_TASK OBJECTIVE_.
Everything from the line containing "pub mod State" through the last line of the material must be restated word for word, and only that.

_SUPPLIED MATERIAL_.

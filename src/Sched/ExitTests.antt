-- ===== src/Sched/ExitTests.antt =====
-- A run of kernel/task_exit.cpp, and the theorem at it.
use makarna_x.Base.{ℕ, true, none, some, List, [], ◌∷◌, ◌==◌, if◌then◌else◌}
use makarna_x.Sched.State.{
  running, interruptible, not_runnable, ListId, runnable, waiting, sleeping, zombies, Task, Sched,
}
use makarna_x.Sched.Consistent.{Consistent}
use makarna_x.Sched.Exit.{Family}
use makarna_x.Sched.Tests.{a_task}

-- Task 1, with the id 9, runs; its parent, task 2, waits for it.
abbrev couple_tasks : ℕ → Task
couple_tasks t =
    if t == 1
    then a_task 9 running (some (runnable 20))
    else (if t == 2
        then record (a_task 2 interruptible none) { waiting_child = true }
        else a_task t not_runnable none)

abbrev couple_lists : ListId → List ℕ
couple_lists (runnable p) = if p == 20 then 1 ∷ [] else []
couple_lists sleeping = []
couple_lists zombies = []
couple_lists (waiting r) = []

abbrev couple : Sched
couple = record { tasks = couple_tasks; lists = couple_lists; alarms = []; curr = 1; jiffies = 0 }

abbrev family : Family
family = record {
  sched = couple;
  parent = λ t. some 2;
  exit_code = λ t. 0;
  exit_signal = λ t. 0;
  time_end = λ t. 0;
  notify_next = λ t. none;
}
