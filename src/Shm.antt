-- ===== src/Shm.antt =====
-- kernel/ipc/shared_memory.cpp.
pub mod State
pub mod Calls
pub mod Keys
pub mod Created
pub mod Tests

_RESULT_.
pub mod State
pub mod Calls
pub mod Keys
pub mod Created
pub mod Tests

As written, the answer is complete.